— Расскажи мне, — просит он тихо, заглядывая в глаза Роджера самым проникновенным своим взглядом, — с каких пор тебя стали интересовать парни?
Он надеется, что тому хватит совести рассказать ему всю правду и прекратить этот фарс, ведь Фредди, как-никак, его друг и не заслуживает такого отношения.
Роджер холодеет от подобного вопроса. Фредди хмурит брови, нервно поджимает губы и, похоже, сейчас устроит разбор полетов, где будет четко и ясно сказано, куда Роджер может запихнуть свою любовь. Конечно, Фредди скажет все гораздо мягче, но от этого не будет менее больно. Роджеру не нужно его сочувствие и жалость, это его убьёт.

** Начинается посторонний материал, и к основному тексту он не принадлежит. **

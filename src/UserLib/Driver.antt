-- ===== src/UserLib/Driver.antt =====
-- What the driver program of userland/initrd.cpp asks of the kernel.
use another_os.Base.{
  ℕ, ◌-◌, ◌%◌, ◌^◌, ◌≡◌, ◌≢◌, ◌∙◌, refl, sym, ap, arith, inl, inr, Bool, List, [], ◌∷◌, ◌++◌, All,
  append-nil, if◌then◌else◌, ◌==◌, ==_iff, Bool-cases, ok,
}
use another_os.Console.Phrases.{expand-plain}
use another_os.UserLib.{value, Call, syscall0, syscall1, syscall3, Program}
use another_os.UserLib.Programs.{Answers, call, getpid, ioperm, exit, failed, acquired, main}
use another_os.UserLib.Text.{joined, IsWrite, printf-Wrote}

-- The calls behind those in `asked`, the last of which `res` is the result of: the text for a program
-- that has the permission, or else the other text, `exit`, and, where that returns, the first text
-- too. All writes are of whole buffers to the standard output.
pub data Outcome (res : ℕ) (stays : Bool) (asked calls : List Call) : Type 0 where
  granted :
      (w : List Call)
      → res ≢ 2 ^ 32 - 1
      → calls ≡ asked ++ w
      → All IsWrite w
      → joined w ≡ acquired
      → Outcome res stays asked calls
  refused :
      (w w' : List Call)
      → res ≡ 2 ^ 32 - 1
      → calls ≡ ((asked ++ w) ++ syscall1 3 1 ∷ []) ++ w'
      → All IsWrite w
      → joined w ≡ failed
      → All IsWrite w'
      → joined w' ≡ (if stays then acquired else [])
      → Outcome res stays asked calls

-- The driver asks for its number and, with it, for four ports from 0xCF8 on. Only on the answer -1 it
-- writes that it failed, and exits; where `exit` returns it then also writes that it has the
-- permission, as it does on every other answer. In each case it ends.
pub main-Outcome :
    (kernel : Answers) (stays : Bool) (u : Program)
    → let first = u.calls ++ syscall0 0 ∷ [] in
      let asked = first ++ syscall3 1 (kernel first % 2 ^ 32) (value 0xCF8) 4 ∷ [] in
      (u' : Program) × (main kernel stays u ≡ ok u')
      × Outcome (kernel asked % 2 ^ 32) stays asked u'.calls
unfolding main getpid ioperm call exit
main-Outcome kernel stays u =
    let first = u.calls ++ syscall0 0 ∷ [] in
    let asked = first ++ syscall3 1 (kernel first % 2 ^ 32) (value 0xCF8) 4 ∷ [] in
    let begun : Program = record u { calls = asked } in
    elim (Bool-cases (kernel asked % 2 ^ 32 == 2 ^ 32 - 1)) [
      | inl no_access ↦
          let (v, run, wrote) = printf-Wrote failed [] begun failed tt (expand-plain failed refl) in
          let left : Program = record v { calls = v.calls ++ syscall1 3 1 ∷ [] } in
          elim (Bool-cases stays) [
            | inl back ↦
                let (z, run2, more) =
                  printf-Wrote acquired [] left acquired tt (expand-plain acquired refl) in
                (
                  z,
                  rw (no_access, run, back) run2,
                  refused wrote.made more.made ((==_iff _ _).0 no_access)
                      (more.calls ∙ ap (λ l. (l ++ syscall1 3 1 ∷ []) ++ more.made) wrote.calls)
                      wrote.proper wrote.text more.proper (rw back more.text),
                )
            | inr gone ↦ (
              left,
              rw (no_access, run, gone) refl,
              refused wrote.made [] ((==_iff _ _).0 no_access)
                  (ap (λ l. l ++ syscall1 3 1 ∷ []) wrote.calls ∙ sym (append-nil _)) wrote.proper
                  wrote.text tt (rw gone refl),
            )
          ]
      | inr access ↦
          let (v, run, wrote) =
            printf-Wrote acquired [] begun acquired tt (expand-plain acquired refl) in
          (
            v,
            rw access run,
            granted wrote.made (ground (arith, access)) wrote.calls wrote.proper wrote.text,
          )
    ]
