-- ===== src/UserLib/Tests.antt =====
-- Runs of libc/stdio.h.
use another_os.Base.{ℕ, ◌≡◌, arith, refl, List, [], ◌∷◌, ◌-◌, ◌^◌, true, ok}
use another_os.Console.Format.{int, str}
use another_os.Console.Numerals.{numeral}
use another_os.Console.Text.{text_of, meaning, expand}
use another_os.UserLib.{Program, printf, value, syscall0, syscall3}
use another_os.UserLib.Programs.{Answers, main}
use another_os.UserLib.Driver.{Outcome, main-Outcome}
use another_os.UserLib.Text.{Wrote, printf-Wrote}

abbrev fresh : Program
fresh = record { calls = []; tmp = λ i. 0 }

-- "%s=%d\n" of "x" and 7.
abbrev assignment : List ℕ
assignment = 37 ∷ 115 ∷ 61 ∷ 37 ∷ 100 ∷ 10 ∷ []

assigned : expand assignment (str (120 ∷ []) ∷ int 7 ∷ []) ≡ ok (120 ∷ 61 ∷ 55 ∷ 10 ∷ [])
unfolding expand text_of meaning numeral
assigned = refl

printf-Wrote_example :
    (u' : Program) × (printf assignment (str (120 ∷ []) ∷ int 7 ∷ []) fresh ≡ ok u')
    × Wrote (120 ∷ 61 ∷ 55 ∷ 10 ∷ []) fresh u'
printf-Wrote_example =
    printf-Wrote assignment (str (120 ∷ []) ∷ int 7 ∷ []) fresh (120 ∷ 61 ∷ 55 ∷ 10 ∷ [])
      (((λ e. omega (arith, e)), tt), (omega arith, tt)) assigned

-- The kernel refuses every call.
abbrev refusing : Answers
refusing calls = 2 ^ 32 - 1

main-Outcome_example :
    (u' : Program) × (main refusing true fresh ≡ ok u')
    × Outcome (2 ^ 32 - 1) true (syscall0 0 ∷ syscall3 1 (2 ^ 32 - 1) (value 0xCF8) 4 ∷ []) u'.calls
main-Outcome_example = main-Outcome refusing true fresh
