-- ===== src/Attach/Table.antt =====
-- src/user/unified_trace.c, main: which probes the loop attaches.
use local_ai_perf_analysis.Prelude.{
  ℕ, suc, Bool, true, false, List, [], ◌∷◌, ◌≡◌, ◌≤◌, ◌+◌, refl, arith, not, ◌++◌, Bytes, codes,
  ◌&&◌, ◌||◌, length, if◌then◌else◌,
}
use local_ai_perf_analysis.Events.{
  CudaOpType, op_code, malloc, free, memcpy, launch_kernel, sync, memcpy_async, stream_sync,
  stream_create, stream_destroy, event_record, event_sync, event_query, launch_kernel_ex,
  graph_launch,
}
use local_ai_perf_analysis.CudaOps.{cuda_op_name}
use local_ai_perf_analysis.Options.{same_text}
use local_ai_perf_analysis.Attach.{
  CudaFunc, func_name, probe_name, cuda_funcs, is_retprobe, gpu_links_cap, attach_from,
  attach_probes,
}

module _ (finds : Bytes → Bool) (attaches : CudaFunc → Bool → Bool) where
  -- The entries whose program is found and can be attached.
  abbrev pub attachable : List CudaFunc → List (CudaFunc × Bool)
  attachable [] = []
  attachable (f ∷ l) =
      let rest = attachable l in
      if finds (probe_name f) && attaches f (is_retprobe f) then (f, is_retprobe f) ∷ rest else rest

  attach_from-attachable :
      (count : ℕ) (l : List CudaFunc)
      → count + length l ≤ gpu_links_cap
      → attach_from finds attaches count l ≡ attachable l
  unfolding attach_from
  attach_from-attachable count [] h = refl
  attach_from-attachable count (f ∷ l) h = ground (
    arith,
    attach_from-attachable count l (omega arith),
    attach_from-attachable (suc count) l (omega arith),
  )

  -- Whatever libbpf finds and can attach, exactly those probes of the table are attached: a failure of one
  -- does not stop the others, and the array of links never runs full.
  pub attach_probes-attachable : attach_probes finds attaches ≡ attachable cuda_funcs
  unfolding attach_probes cuda_funcs
  attach_probes-attachable = attach_from-attachable 0 cuda_funcs (omega arith)

-- The name of the program in src/bpf/trace_cuda.bpf.c, without its ending.
abbrev pub probe_stem : CudaOpType → Bytes
probe_stem malloc = codes "malloc"
probe_stem free = codes "free"
probe_stem memcpy = codes "memcpy"
probe_stem launch_kernel = codes "launch"
probe_stem sync = codes "sync"
probe_stem memcpy_async = codes "memcpy_async"
probe_stem stream_sync = codes "stream_sync"
probe_stem stream_create = codes "stream_create"
probe_stem stream_destroy = codes "stream_destroy"
probe_stem event_record = codes "event_record"
probe_stem event_sync = codes "event_sync"
probe_stem event_query = codes "event_query"
probe_stem launch_kernel_ex = codes "launch_ex"
probe_stem graph_launch = codes "graph_launch"

abbrev pub same_kind : Bool → Bool → Bool
same_kind true b = b
same_kind false b = not b

-- Whether the program is linked to the function, at its entry or (`ret`) its return.
abbrev pub has_link : Bytes → Bytes → Bool → List (CudaFunc × Bool) → Bool
has_link func probe ret [] = false
has_link func probe ret ((f, r) ∷ l) =
    (same_text (func_name f) func && (same_text (probe_name f) probe && same_kind r ret))
    || has_link func probe ret l

abbrev with_kind : List CudaFunc → List (CudaFunc × Bool)
with_kind [] = []
with_kind (f ∷ l) = (f, is_retprobe f) ∷ with_kind l

attachable_all :
    (finds : Bytes → Bool) (attaches : CudaFunc → Bool → Bool) (l : List CudaFunc)
    → ((p : Bytes) → finds p ≡ true)
    → ((f : CudaFunc) (r : Bool) → attaches f r ≡ true)
    → attachable finds attaches l ≡ with_kind l
attachable_all finds attaches [] h k = refl
attachable_all finds attaches (f ∷ l) h k =
    rw (h (probe_name f), k f (is_retprobe f), attachable_all finds attaches l h k) refl

covers :
    (t : CudaOpType)
    → (has_link
          (cuda_op_name (op_code t))
          (codes "trace_cuda_" ++ (probe_stem t ++ codes "_entry"))
          false
          (with_kind cuda_funcs)
        ≡ true)
      × (has_link
            (cuda_op_name (op_code t))
            (codes "trace_cuda_" ++ (probe_stem t ++ codes "_return"))
            true
            (with_kind cuda_funcs)
          ≡ true)
unfolding cuda_funcs cuda_op_name
covers malloc = (refl, refl)
covers _ = (refl, refl)

-- If libbpf finds every program and attaches it, each traced operation has its entry program on the entry and
-- its return program on the return of the function that the trace names it after.
pub attach_probes-covers :
    (finds : Bytes → Bool) (attaches : CudaFunc → Bool → Bool) (t : CudaOpType)
    → ((p : Bytes) → finds p ≡ true)
    → ((f : CudaFunc) (r : Bool) → attaches f r ≡ true)
    → let links = attach_probes finds attaches in
      (has_link
          (cuda_op_name (op_code t))
          (codes "trace_cuda_" ++ (probe_stem t ++ codes "_entry"))
          false
          links
        ≡ true)
      × (has_link
            (cuda_op_name (op_code t))
            (codes "trace_cuda_" ++ (probe_stem t ++ codes "_return"))
            true
            links
          ≡ true)
attach_probes-covers finds attaches t h k =
    rw (attach_probes-attachable finds attaches, attachable_all finds attaches cuda_funcs h k)
      (covers t)
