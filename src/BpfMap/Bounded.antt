-- ===== src/BpfMap/Bounded.antt =====
-- A map that meets the interface: an association list with at most `cap` entries.
use local_ai_perf_analysis.Prelude.{
  ℕ, Bool, true, false, ◌&&◌, ◌||◌, ◌≡◌, Option, none, some, List, [], ◌∷◌, arith, ltb, ◌==◌,
  if◌then◌else◌, length,
}
use local_ai_perf_analysis.BpfMap.{BpfMap}

module _ {V : Type 0} where
  unfoldable pub find : List (ℕ × V) → ℕ → Option V
  find [] j = none
  find ((k, v) ∷ m) j = if k == j then some v else find m j

  unfoldable pub remove : List (ℕ × V) → ℕ → List (ℕ × V)
  remove [] j = []
  remove ((k, v) ∷ m) j = if k == j then remove m j else (k, v) ∷ remove m j

  unfoldable pub has : List (ℕ × V) → ℕ → Bool
  has [] j = false
  has ((k, v) ∷ m) j = (k == j) || has m j

  unfoldable pub fits : ℕ → List (ℕ × V) → ℕ → Bool
  fits cap m k = has m k || ltb (length m) cap

  unfoldable pub put : ℕ → List (ℕ × V) → ℕ → V → List (ℕ × V)
  put cap m k v = if fits cap m k then (k, v) ∷ remove m k else m

  pub find-remove :
      (m : List (ℕ × V)) (k j : ℕ) → find (remove m k) j ≡ (if k == j then none else find m j)
  unfolding find remove
  find-remove [] k j = ground arith
  find-remove ((i, v) ∷ m) k j = ground (arith, find-remove m k j)

  pub find-put :
      (cap : ℕ) (m : List (ℕ × V)) (k : ℕ) (v : V) (j : ℕ)
      → find (put cap m k v) j ≡ (if (k == j) && fits cap m k then some v else find m j)
  unfolding put find
  find-put cap m k v j = ground (arith, find-remove m k j)

  find-has : (m : List (ℕ × V)) (k : ℕ) (v : V) → find m k ≡ some v → has m k ≡ true
  unfolding find has
  find-has [] k v h = ground arith
  find-has ((i, w) ∷ m) k v h = ground (arith, find-has m k v)

  pub fits_present :
      (cap : ℕ) (m : List (ℕ × V)) (k : ℕ) (v : V) → find m k ≡ some v → fits cap m k ≡ true
  unfolding fits
  fits_present cap m k v h = ground (arith, find-has m k v h)

abbrev pub bounded : (V : Type 0) → ℕ → BpfMap V
bounded V cap = record {
  Map = List (ℕ × V);
  lookup = find;
  update = put cap;
  delete = remove;
  accepts = fits cap;
  lookup-update = find-put cap;
  lookup-delete = find-remove;
  accepts_present = fits_present cap;
}
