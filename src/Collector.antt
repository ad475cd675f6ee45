-- ===== src/Collector.antt =====
-- src/user/unified_trace.c: the event array that the two ring-buffer callbacks fill, and the
-- comparison by which qsort orders it. The array is the list of its first `event_count` entries; the
-- union is a data type whose constructor is the `type` field.
pub mod Fill
pub mod Order
pub mod Rising
pub mod Qsort
use local_ai_perf_analysis.Prelude.{
  ℕ, ℤ, pos, negsuc, List, [], ◌∷◌, ◌++◌, if◌then◌else◌, ltb, leb, ◌+◌,
}
use local_ai_perf_analysis.Events.{CpuSchedEvent, CudaEvent}

abbrev pub max_events : ℕ
max_events = 100000

pub data UnifiedEvent : Type 0 where
  cpu : CpuSchedEvent → UnifiedEvent
  gpu : CudaEvent → UnifiedEvent

-- The field `timestamp`, copied from the event.
abbrev pub timestamp : UnifiedEvent → ℕ
timestamp (cpu e) = e.timestamp
timestamp (gpu e) = e.timestamp

pub record Collected : Type 0 where
  pub events : List UnifiedEvent
  pub event_count : ℕ

abbrev pub nothing_yet : Collected
nothing_yet = record { events = []; event_count = 0 }

abbrev store : UnifiedEvent → Collected → Collected
store e c = record { events = c.events ++ e ∷ []; event_count = c.event_count + 1 }

pub handle_cpu_event : CpuSchedEvent → Collected → Collected
handle_cpu_event e c = if leb max_events c.event_count then c else store (cpu e) c

pub handle_gpu_event : CudaEvent → Collected → Collected
handle_gpu_event e c = if leb max_events c.event_count then c else store (gpu e) c

-- The callbacks in the order in which ring_buffer__poll makes them.
pub collect : List UnifiedEvent → Collected → Collected
collect [] c = c
collect (cpu e ∷ l) c = collect l (handle_cpu_event e c)
collect (gpu e ∷ l) c = collect l (handle_gpu_event e c)

-- The result of the comparison, as the source's int.
unfoldable pub compare_events : UnifiedEvent → UnifiedEvent → ℤ
compare_events a b =
    if ltb (timestamp a) (timestamp b)
    then negsuc 0
    else if ltb (timestamp b) (timestamp a)
    then pos 1
    else pos 0

-- The loop that finds the smallest timestamp, from UINT64_MAX on.
unfoldable pub min_timestamp_from : ℕ → List UnifiedEvent → ℕ
min_timestamp_from least [] = least
min_timestamp_from least (e ∷ l) =
    min_timestamp_from (if ltb (timestamp e) least then timestamp e else least) l
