-- ===== src/Json.antt =====
-- A recogniser of JSON texts, byte by byte, against which the writer of the trace is proved: the
-- grammar of RFC 8259 without exponents in numbers, so that all it accepts is JSON. Bytes from 128 on
-- are accepted in strings as they stand.
pub mod Runs
use local_ai_perf_analysis.Prelude.{
  ℕ, zero, suc, Bool, true, false, List, [], ◌∷◌, ◌||◌, ◌&&◌, Bytes, codes, ltb, leb, ◌==◌,
  if◌then◌else◌,
}

-- What is open around the current place.
pub data Frame : Type 0 where
  object array : Frame

-- What may come next. A string knows whether it is a key; `slash` and `hex` are escapes in one, and
-- `word` holds the letters that are left of a literal name.
pub data Place : Type 0 where
  value first_value first_key next_key colon after bad : Place
  text slash : Bool → Place
  hex : Bool → ℕ → Place
  minus nought int dot frac : Place
  word : Bytes → Place

abbrev pub Config : Type 0
Config = List Frame × Place

abbrev pub is_space : ℕ → Bool
is_space c = c == 32 || (c == 10 || (c == 13 || c == 9))

abbrev pub is_digit : ℕ → Bool
is_digit c = leb 48 c && leb c 57

abbrev pub is_hex : ℕ → Bool
is_hex c = is_digit c || (leb 97 c && leb c 102 || leb 65 c && leb c 70)

-- A string that closes is followed by a colon if it was a key.
abbrev pub closed : Bool → Place
closed true = colon
closed false = after

abbrev pub close : Frame → List Frame → Config
close object (object ∷ s) = (s, after)
close array (array ∷ s) = (s, after)
close _ s = (s, bad)

abbrev pub comma : List Frame → Config
comma [] = ([], bad)
comma (object ∷ s) = (object ∷ s, next_key)
comma (array ∷ s) = (array ∷ s, value)

abbrev pub step_after : List Frame → ℕ → Config
step_after s c =
    if is_space c
    then (s, after)
    else if c == b','
    then comma s
    else if c == b'}'
    then close object s
    else if c == b']'
    then close array s
    else (s, bad)

abbrev pub step_value : List Frame → Place → ℕ → Config
step_value s here c =
    if is_space c
    then (s, here)
    else if c == b'"'
    then (s, text false)
    else if c == b'{'
    then (object ∷ s, first_key)
    else if c == b'['
    then (array ∷ s, first_value)
    else if c == b'-'
    then (s, minus)
    else if c == b'0'
    then (s, nought)
    else if is_digit c
    then (s, int)
    else if c == b't'
    then (s, word (codes "rue"))
    else if c == b'f'
    then (s, word (codes "alse"))
    else if c == b'n'
    then (s, word (codes "ull"))
    else (s, bad)

abbrev pub step_text : List Frame → Bool → ℕ → Config
step_text s k c =
    if c == b'"'
    then (s, closed k)
    else if c == b'\\'
    then (s, slash k)
    else if ltb c 32
    then (s, bad)
    else (s, text k)

abbrev pub is_escape : ℕ → Bool
is_escape c =
    c == b'"'
    || (c == b'\\'
        || (c == b'/' || (c == b'b' || (c == b'f' || (c == b'n' || (c == b'r' || c == b't'))))))

abbrev pub step : Config → ℕ → Config
step (s, value) c = step_value s value c
step (s, first_value) c = if c == b']' then close array s else step_value s first_value c
step (s, first_key) c =
    if is_space c
    then (s, first_key)
    else if c == b'"'
    then (s, text true)
    else if c == b'}'
    then close object s
    else (s, bad)
step (s, next_key) c =
    if is_space c then (s, next_key) else if c == b'"' then (s, text true) else (s, bad)
step (s, colon) c = if is_space c then (s, colon) else if c == b':' then (s, value) else (s, bad)
step (s, after) c = step_after s c
step (s, bad) c = (s, bad)
step (s, text k) c = step_text s k c
step (s, slash k) c =
    if is_escape c then (s, text k) else if c == b'u' then (s, hex k 3) else (s, bad)
step (s, hex k zero) c = if is_hex c then (s, text k) else (s, bad)
step (s, hex k (suc n)) c = if is_hex c then (s, hex k n) else (s, bad)
step (s, minus) c = if c == b'0' then (s, nought) else if is_digit c then (s, int) else (s, bad)
step (s, nought) c = if c == b'.' then (s, dot) else step_after s c
step (s, int) c = if is_digit c then (s, int) else if c == b'.' then (s, dot) else step_after s c
step (s, dot) c = if is_digit c then (s, frac) else (s, bad)
step (s, frac) c = if is_digit c then (s, frac) else step_after s c
step (s, word []) c = (s, bad)
step (s, word (d ∷ [])) c = if c == d then (s, after) else (s, bad)
step (s, word (d ∷ e ∷ l)) c = if c == d then (s, word (e ∷ l)) else (s, bad)

abbrev pub run : Config → Bytes → Config
run p [] = p
run p (c ∷ l) = run (step p c) l

-- Whether a value has ended at the place.
abbrev pub ends : Place → Bool
ends after = true
ends nought = true
ends int = true
ends frac = true
ends _ = false

abbrev pub accepted : Config → Bool
accepted ([], p) = ends p
accepted (_ ∷ _, p) = false

-- Whether the text is one JSON value.
abbrev pub is_json : Bytes → Bool
is_json l = accepted (run ([], value) l)
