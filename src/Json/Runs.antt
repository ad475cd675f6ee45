-- ===== src/Json/Runs.antt =====
-- Runs of the JSON recogniser over joined texts, strings and numbers.
use local_ai_perf_analysis.Prelude.{
  ℕ, Bool, true, false, List, [], ◌∷◌, ◌++◌, ◌||◌, ◌≡◌, ◌≢◌, ◌≤◌, refl, ap, ◌∙◌, arith, Bytes, All,
  ◌==◌, not,
}
use local_ai_perf_analysis.Json.{
  Frame, Place, Config, value, first_value, after, text, nought, int, frac, step, run, ends,
  is_digit,
}

pub run-append : (p : Config) (x y : Bytes) → run p (x ++ y) ≡ run (run p x) y
run-append p [] y = refl
run-append p (c ∷ x) y = run-append (step p c) x y

-- To run a text that continues: first the one part, then the other.
pub run_then :
    (p : Config) (x : Bytes) {q r : Config} (y : Bytes)
    → run p x ≡ q
    → run q y ≡ r
    → run p (x ++ y) ≡ r
run_then p x y h k = run-append p x y ∙ ap (λ q. run q y) h ∙ k

-- A byte that stands for itself in a string.
abbrev pub IsPlain : ℕ → Type 0
IsPlain c = (c ≢ b'"') × (c ≢ b'\\') × (32 ≤ c)

step_plain : (s : List Frame) (k : Bool) (c : ℕ) → IsPlain c → step (s, text k) c ≡ (s, text k)
step_plain s k c h = ground arith

pub run_plain :
    (s : List Frame) (k : Bool) (l : Bytes) → All IsPlain l → run (s, text k) l ≡ (s, text k)
run_plain s k [] h = refl
run_plain s k (c ∷ l) (hc, h) = rw (step_plain s k c hc) (run_plain s k l h)

-- A text that is read as one number wherever a value may stand.
abbrev pub IsNumber : Bytes → Type 0
IsNumber x = (s : List Frame) → (p : Place) × (run (s, value) x ≡ (s, p)) × (ends p ≡ true)

-- A byte that no number holds.
abbrev pub is_stop : ℕ → Bool
is_stop c = not (is_digit c || c == b'.')

step-ends :
    (s : List Frame) (p : Place) (c : ℕ)
    → ends p ≡ true
    → is_stop c ≡ true
    → step (s, p) c ≡ step (s, after) c
step-ends s after c h k = refl
step-ends s nought c h k = ground arith
step-ends s int c h k = ground arith
step-ends s frac c h k = ground arith
step-ends s _ c h k = cc

-- A number followed by such a byte is a value that has ended.
pub run_number :
    (s : List Frame) (x : Bytes) (c : ℕ) (y : Bytes) {r : Config}
    → IsNumber x
    → is_stop c ≡ true
    → run (s, after) (c ∷ y) ≡ r
    → run (s, value) (x ++ c ∷ y) ≡ r
run_number s x c y h stop k =
    let (p, read, over) = h s in
    run-append (s, value) x (c ∷ y)
    ∙ ap (λ q. run q (c ∷ y)) read
    ∙ ap (λ q. run q y) (step-ends s p c over stop)
    ∙ k

-- A text that does not go on with a number before it.
abbrev pub Stops : Bytes → Type 0
Stops y = (c : ℕ) × (l : Bytes) × (y ≡ c ∷ l) × (is_stop c ≡ true)

pub run_number_then :
    (s : List Frame) (x y : Bytes) {r : Config}
    → IsNumber x
    → Stops y
    → run (s, after) y ≡ r
    → run (s, value) (x ++ y) ≡ r
run_number_then s x y h (c, l, e, stop) k = rw e (run_number s x c l h stop (rw e at k))

-- Where the next entry of an array starts, behind none or behind another.
abbrev pub start : Bool → Place
start true = first_value
start false = after

-- Where an object of an array may open: at its start, or behind a comma.
abbrev pub opening : Bool → Place
opening true = first_value
opening false = value
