-- ===== src/Printf.antt =====
-- printf of the C library, as far as the tools use it: %u, %d, %llu, %llx and %04x. Floating-point
-- conversions are a parameter (`FloatPrint`).
pub mod Decimal
pub mod Plain
use local_ai_perf_analysis.Prelude.{
  ℕ, zero, suc, ℤ, pos, negsuc, [], ◌∷◌, ◌+◌, ◌-◌, ◌/◌, ◌%◌, Bytes, ltb, if◌then◌else◌, All, ◌++◌,
  length,
}
use local_ai_perf_analysis.Json.Runs.{IsNumber, IsPlain}

unfoldable pub digit : ℕ → ℕ
digit d = if ltb d 10 then b'0' + d else b'a' + (d - 10)

-- The digits of n in the base, in front of `out`, at most `fuel` of them.
unfoldable pub digits : ℕ → ℕ → ℕ → Bytes → Bytes
digits base zero n out = out
digits base (suc fuel) n out =
    let more = digits base fuel (n / base) (digit (n % base) ∷ out) in
    if ltb n base then digit n ∷ out else more

-- %u and %llu. A number has at most as many digits as its value and one more, so the fuel is enough.
unfoldable pub show_dec : ℕ → Bytes
unfolding digits digit
show_dec n = digits 10 (suc n) n []

-- %llx.
unfoldable pub show_hex : ℕ → Bytes
unfolding digits digit
show_hex n = digits 16 (suc n) n []

-- %d.
unfoldable pub show_int : ℤ → Bytes
unfolding show_dec
show_int (pos n) = show_dec n
show_int (negsuc n) = b'-' ∷ show_dec (suc n)

-- %04x of a number below 65536.
abbrev pub hex4 : ℕ → Bytes
hex4 c = digit (c / 4096 % 16) ∷ digit (c / 256 % 16) ∷ digit (c / 16 % 16) ∷ digit (c % 16) ∷ []

unfoldable pub repeat : ℕ → ℕ → Bytes
repeat zero c = []
repeat (suc n) c = c ∷ repeat n c

-- A conversion with the flag `-` and a width, and one with the flag `0`.
unfoldable pub pad_right : ℕ → Bytes → Bytes
unfolding repeat
pad_right width x = x ++ repeat (width - length x) b' '

unfoldable pub zero_padded : ℕ → ℕ → Bytes
unfolding repeat
zero_padded width n = repeat (width - length (show_dec n)) b'0' ++ show_dec n

-- What the conversions of a `double` print: n / 1000.0 by %.3f, and n / unit by %.2f. The first
-- is a JSON number (digits, a point, digits), the second has no byte that a string escapes.
pub record FloatPrint : Type 0 where
  pub fixed3 : ℕ → Bytes
  pub fixed2 : ℕ → ℕ → Bytes
  pub fixed3-IsNumber : (n : ℕ) → IsNumber (fixed3 n)
  pub fixed2-IsPlain : (n unit : ℕ) → All IsPlain (fixed2 n unit)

Но деваться от этого разговора некуда, он предполагал еще сутки назад, что, скорее всего, получит от ворот поворот, и он не трус, чтобы бояться посмотреть правде в глаза, но это не помогает перестать чувствовать себя кроликом перед удавом. У Фредди действительно гипнотический взгляд.
— Ну… — мямлит он, ощущая, как потеют ладони, — недавно.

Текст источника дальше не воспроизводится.